Pre-Twentieth Century
The origins of problems in the region stretch centuries back to the Anglo-Norman intervention of Ireland in 1167, when England first laid roots in the area. Despite some intermingling of the English and Irish population, the two were never completely united. As a result, two disparate populations, with differing interests, found themselves living in a small island side by side.
These differences became more marked during the reign of Henry VIII. His break from Rome placed him at loggerheads with Catholic Europe and introduced religion into Irish politics for the first time. Resistance to the British Crown came in 1534 when the Kildare heir, Lord Offaly, led a Catholic revolt against the Protestant English King in Ireland. It was swiftly put down and those involved were executed.
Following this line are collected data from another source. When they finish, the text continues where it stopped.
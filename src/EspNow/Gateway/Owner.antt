-- ===== src/EspNow/Gateway/Owner.antt =====
-- The owner of the slot is served whatever other stations send.
use microfips.Base.{
  ℕ, ◌-◌, ◌≤◌, ◌≡◌, List, [], ◌∷◌, ◌++◌, Option, none, some, true, false, if◌then◌else◌, le→leb,
  refl, sym, ap, ◌∙◌, Bool-cases, inl, inr, length,
}
use microfips.Bytes.{eq_bytes, eq_bytes_self, eq_bytes_sound}
use microfips.Exec.{Exec, ok, err, panic, Absent, ◌>>=◌}
use microfips.EspNow.Frag.{
  Reassembler, SrcReassembler, note_src, same_src, push, push_from, receive, completed,
  transmit_all, max_message,
}
use microfips.EspNow.RoundTrip.{messages_arrive, AreSendable}
use microfips.EspNow.Peer.{
  PeerSlotAction, Manager, observe, owned_by, publish_current, apply_slot_action, active_hold_ms,
}
use microfips.EspNow.Gateway.{Received, Gateway, on_action, serve, on_frame, run}

-- The payloads of one station.
abbrev pub payloads_of : (owner : List ℕ) (frames : List Received) → List (List ℕ)
payloads_of owner [] = []
payloads_of owner (frame ∷ rest) =
    if eq_bytes owner frame.src
    then frame.payload ∷ payloads_of owner rest
    else payloads_of owner rest

-- When another station sends, the owner was heard at most the hold time before.
abbrev pub IsHeld : (owner : List ℕ) (last : ℕ) (frames : List Received) → Type 0
IsHeld owner last [] = Unit
IsHeld owner last (frame ∷ rest) =
    if eq_bytes owner frame.src
    then IsHeld owner frame.now rest
    else (frame.now - last ≤ active_hold_ms) × IsHeld owner last rest

bind_ok :
    {A B : Type 0} (m : Exec Absent A) (f : A → Exec Absent B) (b : B)
    → (m >>= f) ≡ ok b
    → (a : A) × (m ≡ ok a) × (f a ≡ ok b)
bind_ok (ok a) f b h = (a, refl, h)
bind_ok (err e) f b h = cc
bind_ok panic f b h = cc

receive_first :
    (r r' : Reassembler) (p : List ℕ) (ps ms : List (List ℕ))
    → receive r (p ∷ ps) ≡ ok (ms, r')
    → (one : Option (List ℕ) × Reassembler) × (more : List (List ℕ) × Reassembler) × (push r p
        ≡ ok one)
      × (receive one.1 ps ≡ ok more)
      × (completed one.0 ++ more.0 ≡ ms)
unfolding receive
receive_first r r' p ps ms e =
    let (one, pushed, after) = bind_ok (push r p) _ (ms, r') e in
    let (more, got, joined) = bind_ok (receive one.1 ps) _ (ms, r') after in
    (one, more, pushed, got, cc)

observe_owner :
    (owner src : List ℕ) (last now : ℕ)
    → eq_bytes owner src ≡ true
    → observe (owned_by owner last) src now ≡ (PeerSlotAction.keep, owned_by owner now)
unfolding observe
observe_owner owner src last now same = rw same

observe_foreign :
    (owner src : List ℕ) (last now : ℕ)
    → eq_bytes owner src ≡ false
    → now - last ≤ active_hold_ms
    → observe (owned_by owner last) src now ≡ (PeerSlotAction.ignore, owned_by owner last)
unfolding observe
observe_foreign owner src last now other held = rw (other, le→leb (now - last) active_hold_ms held)

note_src_same :
    (r : Reassembler) (src : List ℕ)
    → note_src (record { reassembler = r; src = some src }) src
      ≡ record { reassembler = r; src = some src }
note_src_same r src = rw (eq_bytes_self src)

note_src-src :
    (s : SrcReassembler) (known : Option (List ℕ)) (src : List ℕ)
    → s.src ≡ known
    → (note_src s src).src ≡ some src
note_src-src s none src e = rw e refl
note_src-src s (some known) src e = elim (Bool-cases (eq_bytes known src)) [
  | inl same ↦ rw (e, same) (ap some (eq_bytes_sound known src same))
  | inr other ↦ rw (e, other) refl
]

note_src-buf :
    (s : SrcReassembler) (src : List ℕ) → (note_src s src).reassembler.buf ≡ s.reassembler.buf
note_src-buf s src = elim (Bool-cases (same_src s.src src)) [
  | inl same ↦ rw same refl
  | inr other ↦ rw other refl
]

module _ (manager : Manager) (owner : List ℕ) where
  -- The messages handed on, whatever becomes of the gateway.
  abbrev HandsOn : Gateway manager → List Received → List (List ℕ) → Type 0
  HandsOn g frames ms = (g' : Gateway manager) × (run manager g frames ≡ ok (ms, g'))

  on_foreign :
      (g : Gateway manager) (last : ℕ) (frame : Received)
      → g.slot ≡ owned_by owner last
      → eq_bytes owner frame.src ≡ false
      → frame.now - last ≤ active_hold_ms
      → on_frame manager g frame ≡ ok (none, record g { slot = owned_by owner last })
  unfolding on_frame on_action
  on_foreign g last frame e other held =
      rw (e, observe_foreign owner frame.src last frame.now other held)

  on_owner :
      (g : Gateway manager) (last : ℕ) (frame : Received) (one : Option (List ℕ) × Reassembler)
      → g.slot ≡ owned_by owner last
      → eq_bytes owner frame.src ≡ true
      → push (note_src g.reassembler owner).reassembler frame.payload ≡ ok one
      → (g' : Gateway manager) × (on_frame manager g frame ≡ ok (one.0, g'))
        × (g'.slot ≡ owned_by owner frame.now)
        × (g'.reassembler ≡ record { reassembler = one.1; src = some owner })
  unfolding on_frame on_action serve push_from
  on_owner g last frame one e same pushed =
      let equal = eq_bytes_sound owner frame.src same in
      let slot = owned_by owner frame.now in
      (
        record {
          slot = slot;
          reassembler = record { reassembler = one.1; src = some owner };
          peer_mac = publish_current slot;
          table = apply_slot_action manager PeerSlotAction.keep g.table;
        },
        rw (
          e,
          observe_owner owner frame.src last frame.now same,
          sym equal,
          pushed,
          note_src-src g.reassembler g.reassembler.src owner refl,
        ),
        refl,
        refl,
      )

  heard :
      (frames : List Received) (g : Gateway manager) (last : ℕ) (ms : List (List ℕ))
      (r' : Reassembler)
      → g.slot ≡ owned_by owner last
      → IsHeld owner last frames
      → receive (note_src g.reassembler owner).reassembler (payloads_of owner frames) ≡ ok (ms, r')
      → HandsOn g frames ms
  unfolding run receive
  heard [] g last ms r' e held got = (g, cc)
  heard (frame ∷ rest) g last ms r' e held got = elim (Bool-cases (eq_bytes owner frame.src)) [
    | inl same ↦
        let (one, more, pushed, got', joined) =
          receive_first (note_src g.reassembler owner).reassembler r' frame.payload
            (payloads_of owner rest) ms (rw same at got) in
        let (g', stepped, slot', reassembler') = on_owner g last frame one e same pushed in
        let (g'', handed) =
          heard rest g' frame.now more.0 more.1 slot' (rw same at held)
            (rw (reassembler', note_src_same one.1 owner) got') in
        (g'', rw (stepped, handed, joined))
    | inr other ↦
        let held' = rw other at held in
        let g' = record g { slot = owned_by owner last } in
        let (g'', handed) = heard rest g' last ms r' refl held'.1 (rw other at got) in
        (g'', rw (on_foreign g last frame e other held'.0, handed))
  ]

same_payloads :
    {ps qs : List (List ℕ)} {a b : ℕ} (m : Exec Absent (List (List ℕ) × ℕ))
    → m ≡ ok (ps, a)
    → m ≡ ok (qs, b)
    → ps ≡ qs
same_payloads m e f = cc

-- A gateway whose slot belongs to `owner`, with the buffer of its reassembler whole: messages of at
-- most 2048 bytes whose payloads the owner sends in order are handed on, in order and nothing else,
-- whatever other stations send in between, as long as each of their frames comes at most 60 seconds
-- after the owner was heard last.
pub owner_messages_arrive :
    (manager : Manager) (g : Gateway manager) (owner : List ℕ) (last id next_id : ℕ)
    (messages : List (List ℕ)) (frames : List Received)
    → g.slot ≡ owned_by owner last
    → length g.reassembler.reassembler.buf ≡ max_message
    → AreSendable messages
    → IsHeld owner last frames
    → transmit_all id messages ≡ ok (payloads_of owner frames, next_id)
    → (g' : Gateway manager) × (run manager g frames ≡ ok (messages, g'))
owner_messages_arrive manager g owner last id next_id messages frames e whole sendable held sent =
    let (ps, id', r', sent', short, got) =
      messages_arrive id messages (note_src g.reassembler owner).reassembler sendable
        (ap length (note_src-buf g.reassembler owner) ∙ whole) in
    let same : ps ≡ payloads_of owner frames =
      same_payloads (transmit_all id messages) sent' sent in
    heard manager owner frames g last messages r' e held (rw (sym same) got)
Elizabeth I continued her father’s legacy in Ireland. A bid for independence by Hugh O’Neill, Earl of Tyrone, was ultimately defeated by the Queen’s army, with a harsh post-war settlement impeding future uprisings from the Catholic majority.
All the while, plantations were being established throughout the country. Lands occupied by Irish landowners were confiscated, especially in Munster and Ulster. They were distributed to colonists, commonly known as planters, who came in large numbers from England, Scotland and Wales. The final official plantations sprung up under Oliver Cromwell’s English Commonwealth during the 1650s, when thousands of Parliamentarian soldiers were settled in Ireland.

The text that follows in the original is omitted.